Last updated, November 13th, 2022
Neus Miró is a curator and art critic. She studied Art History (Universitat de Barcelona) and obtained the M.A. in Curating Contemporary Art from the Royal College of Art (London). She now works as a Curator in the Wolverhampton Art Gallery (UK) and is pursuing doctorate studies at Central Saint Martins College (University of the Arts, London).
Her area of research has focused on artistic practices in film and video. Her most recent curatorial projects include participation on the curatorial team of Apología/Antología. Journeys through video in the Spanish context (Hamaca, 2016), Insomnia (Fundació Joan Miró, 2013), Sharon Lockhart: Doble Tide (Espai d’art contemporani de Castelló, 2012) and Urban Fictions (Koldo Mitxelena, 2011).

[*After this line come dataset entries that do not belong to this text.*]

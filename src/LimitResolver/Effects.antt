-- ===== src/LimitResolver/Effects.antt =====
-- What holds of the limit resolver (mash-go/pkg/features/limit_resolver.go) after every event.
use mash.Base.{
  refl, ℕ, sym, subst, Option, none, some, List, [], ◌∷◌, String, String-discrete, if_pos, if_neg,
  Option-cases, inl, inr,
}
use mash.Base.Int.{ℤ}
use mash.Base.GoMap.{string_key, nat_key, lookup, delete-Distinct}
use mash.Zone.Value.{MultiZoneValue}
use mash.Zone.Value
use mash.Duration.{fire, TimerKey, CommandType, limit_consumption, limit_production, Expiry}
use mash.EnergyControl.{
  EnergyControl, ControlState, Direction, consumption, production, bidirectional, set_control_state,
  Caller, SetLimitRequest, ClearLimitRequest,
}
use mash.LimitResolver.{LimitResolver, new}
use mash.LimitResolver.SetLimit.{handle_set_limit, store_limits, deactivate, activate}
use mash.LimitResolver.Clearing.{
  clear_known, clear_consumption, clear_production, clear_directions, handle_clear_limit, reset_all,
  clear_zone, expire_value, handle_timer_expiry, handle_expiries, fire_timer, cancel_indexed,
}
use mash.LimitResolver.Applied.{
  IsValid, Resolved, resolve_and_apply-Resolved, clear_zone_locked-IsValid,
  ensure_zone_index-IsValid, store_consumption-IsValid, store_production-IsValid,
}
use mash.LimitResolver.Branches.{Branch, refused, cleared, stored, handle_set_limit-Branch}

pub store_limits-IsValid :
    (r : LimitResolver) (c : Caller) (req : SetLimitRequest) (now : ℕ)
    → IsValid r
    → IsValid (store_limits r c req now)
unfolding store_limits
store_limits-IsValid r c req now v = store_production-IsValid _ c _ _ req.production_limit now (
    store_consumption-IsValid _ c _ _ req.consumption_limit now
      (ensure_zone_index-IsValid r c.zone_id v))

set_limit-Resolved :
    (r : LimitResolver) (c : Caller) (req : SetLimitRequest) (now : ℕ)
    → Resolved r
    → Resolved (handle_set_limit r c req now).0
set_limit-Resolved r c req now v = after (handle_set_limit-Branch r c req now)
  where
    after : Branch r c req now → Resolved (handle_set_limit r c req now).0
    after (refused reply _ _ e) = subst (λ o. Resolved o.0) (sym e) v
    after (cleared _ _ _ e) =
        subst (λ o. Resolved o.0) (sym e)
          (unfold deactivate in
            resolve_and_apply-Resolved _ now (clear_zone_locked-IsValid r c.zone_id v.valid))
    after (stored _ _ e) =
        subst (λ o. Resolved o.0) (sym e)
          (unfold activate in
            resolve_and_apply-Resolved _ now (store_limits-IsValid r c req now v.valid))

cancel_indexed-IsValid :
    (r : LimitResolver) (z : String) (c : CommandType) → IsValid r → IsValid (cancel_indexed r z c)
unfolding cancel_indexed
cancel_indexed-IsValid r z c v = elim (Option-cases (lookup z r.zone_index_map)) [
  | inl e ↦ rw (e, cancel_indexed) v
  | inr (i, e) ↦
      rw (e, cancel_indexed) (record { consumption = v.consumption; production = v.production })
]

clear_consumption-IsValid :
    (r : LimitResolver) (z : String) → IsValid r → IsValid (clear_consumption r z)
unfolding clear_consumption Value.clear
clear_consumption-IsValid r z v = cancel_indexed-IsValid _ z limit_consumption (record {
  consumption = delete-Distinct z r.consumption_limits.values v.consumption;
  production = v.production;
})

clear_production-IsValid :
    (r : LimitResolver) (z : String) → IsValid r → IsValid (clear_production r z)
unfolding clear_production Value.clear
clear_production-IsValid r z v = cancel_indexed-IsValid _ z limit_production (record {
  consumption = v.consumption;
  production = delete-Distinct z r.production_limits.values v.production;
})

clear_directions-IsValid :
    (r : LimitResolver) (z : String) (d : Option Direction)
    → IsValid r
    → IsValid (clear_directions r z d)
unfolding clear_directions
clear_directions-IsValid r z none v = clear_production-IsValid _ z (clear_consumption-IsValid r z v)
clear_directions-IsValid r z (some consumption) v = clear_consumption-IsValid r z v
clear_directions-IsValid r z (some production) v = clear_production-IsValid r z v
clear_directions-IsValid r z (some bidirectional) v = v

clear_limit-Resolved :
    (r : LimitResolver) (c : Caller) (req : ClearLimitRequest) (now : ℕ)
    → Resolved r
    → Resolved (handle_clear_limit r c req now).0
unfolding handle_clear_limit
clear_limit-Resolved r c req now v = elim (String-discrete c.zone_id "") [
  | yes p ↦ subst (λ o. Resolved o.0) (sym (if_pos _ p (r, []) (clear_known r c req now))) v
  | no n ↦
      subst (λ o. Resolved o.0) (sym (if_neg _ n (r, []) (clear_known r c req now)))
        (resolve_and_apply-Resolved _ now
          (clear_directions-IsValid r c.zone_id req.direction v.valid))
]

pub expire_value-IsValid :
    (r : LimitResolver) (z : String) (c : CommandType) → IsValid r → IsValid (expire_value r z c)
unfolding expire_value Value.clear
expire_value-IsValid r z limit_consumption v = record {
  consumption = delete-Distinct z r.consumption_limits.values v.consumption;
  production = v.production;
}
expire_value-IsValid r z limit_production v = record {
  consumption = v.consumption;
  production = delete-Distinct z r.production_limits.values v.production;
}
expire_value-IsValid r z _ v = v

timer_expiry-Resolved :
    (r : LimitResolver) (k : TimerKey) (now : ℕ)
    → Resolved r
    → Resolved (handle_timer_expiry r k now).0
unfolding handle_timer_expiry
timer_expiry-Resolved r k now v = elim (Option-cases (lookup k.zone_id r.index_zone_map)) [
  | inl e ↦ rw (e, handle_timer_expiry) v
  | inr (z, e) ↦
      rw (e, handle_timer_expiry)
        (resolve_and_apply-Resolved _ now (expire_value-IsValid r z k.cmd_type v.valid))
]

expiries-Resolved :
    (r : LimitResolver) (es : List (Expiry ℤ)) (now : ℕ)
    → Resolved r
    → Resolved (handle_expiries r es now).0
unfolding handle_expiries
expiries-Resolved r [] now v = v
expiries-Resolved r (e ∷ es) now v =
    expiries-Resolved (handle_timer_expiry r e.key now).0 es now
      (timer_expiry-Resolved r e.key now v)

-- The commands of the zones, the calls of the service, the runtime's timers, and the device
-- application, which sets the control state.
pub data Event : Type 0 where
  sets : Caller → SetLimitRequest → ℕ → Event
  clears : Caller → ClearLimitRequest → ℕ → Event
  clears_zone : String → ℕ → Event
  resets : ℕ → Event
  fires : ℕ → ℕ → Event
  device_sets : ControlState → Event

unfoldable pub step : LimitResolver → Event → LimitResolver
step r (sets c req now) = (handle_set_limit r c req now).0
step r (clears c req now) = (handle_clear_limit r c req now).0
step r (clears_zone z now) = (clear_zone r z now).0
step r (resets now) = (reset_all r now).0
step r (fires handle now) = (fire_timer r handle now).0
step r (device_sets s) = record r { ec = set_control_state r.ec s }

step-Resolved : (r : LimitResolver) (e : Event) → Resolved r → Resolved (step r e)
unfolding step clear_zone reset_all fire_timer set_control_state Value.new
step-Resolved r (sets c req now) v = set_limit-Resolved r c req now v
step-Resolved r (clears c req now) v = clear_limit-Resolved r c req now v
step-Resolved r (clears_zone z now) v =
    resolve_and_apply-Resolved _ now (clear_zone_locked-IsValid r z v.valid)
step-Resolved r (resets now) v =
    resolve_and_apply-Resolved _ now (record { consumption = tt; production = tt })
step-Resolved r (fires handle now) v =
    expiries-Resolved (record r { timers = (fire r.timers handle now).0 })
      (fire r.timers handle now).1 now
      (record {
        valid = record { consumption = v.valid.consumption; production = v.valid.production };
        consumption = v.consumption;
        production = v.production;
      })
step-Resolved r (device_sets s) v = record {
  valid = record { consumption = v.valid.consumption; production = v.valid.production };
  consumption = v.consumption;
  production = v.production;
}

unfoldable pub run : LimitResolver → List Event → LimitResolver
run r [] = r
run r (e ∷ es) = run (step r e) es

run-Resolved : (r : LimitResolver) (es : List Event) → Resolved r → Resolved (run r es)
unfolding run
run-Resolved r [] v = v
run-Resolved r (e ∷ es) v = run-Resolved (step r e) es (step-Resolved r e v)

-- The feature as a device registers it, before any limit.
abbrev pub unlimited : ControlState → EnergyControl
unlimited s = record {
  control_state = s;
  effective_consumption_limit = none;
  effective_production_limit = none;
}

-- After any commands, expiries and resets, in any order, each effective limit that the device shows
-- is the strictest of the values that the zones other than TEST zones hold in that direction, one of
-- those zones set it, and the device shows none exactly if they hold none.
pub run-new-Resolved : (s : ControlState) (es : List Event) → Resolved (run (new (unlimited s)) es)
unfolding new Value.new
run-new-Resolved s es = run-Resolved _ es (record {
  valid = record { consumption = tt; production = tt };
  consumption = inl (tt, refl);
  production = inl (tt, refl);
})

She is the author and editor of various publications including “Insomnia” (Fundació Joan Miró, 2012), “Perejaume. Imágenes proyectadas” (CAB, 2010) and “Impasse 8: La exposición como dispositivo. Teorías y prácticas en torno a la exposición” (La Panera, 2008).
She has served as a visiting professor at several universities: Escuela Superior de Diseño-ESDI (Universitat Ramon Llull), MECAD, International University of Catalonia and Universidad de Zaragoza. She currently lives and works in Wolverhampton (UK).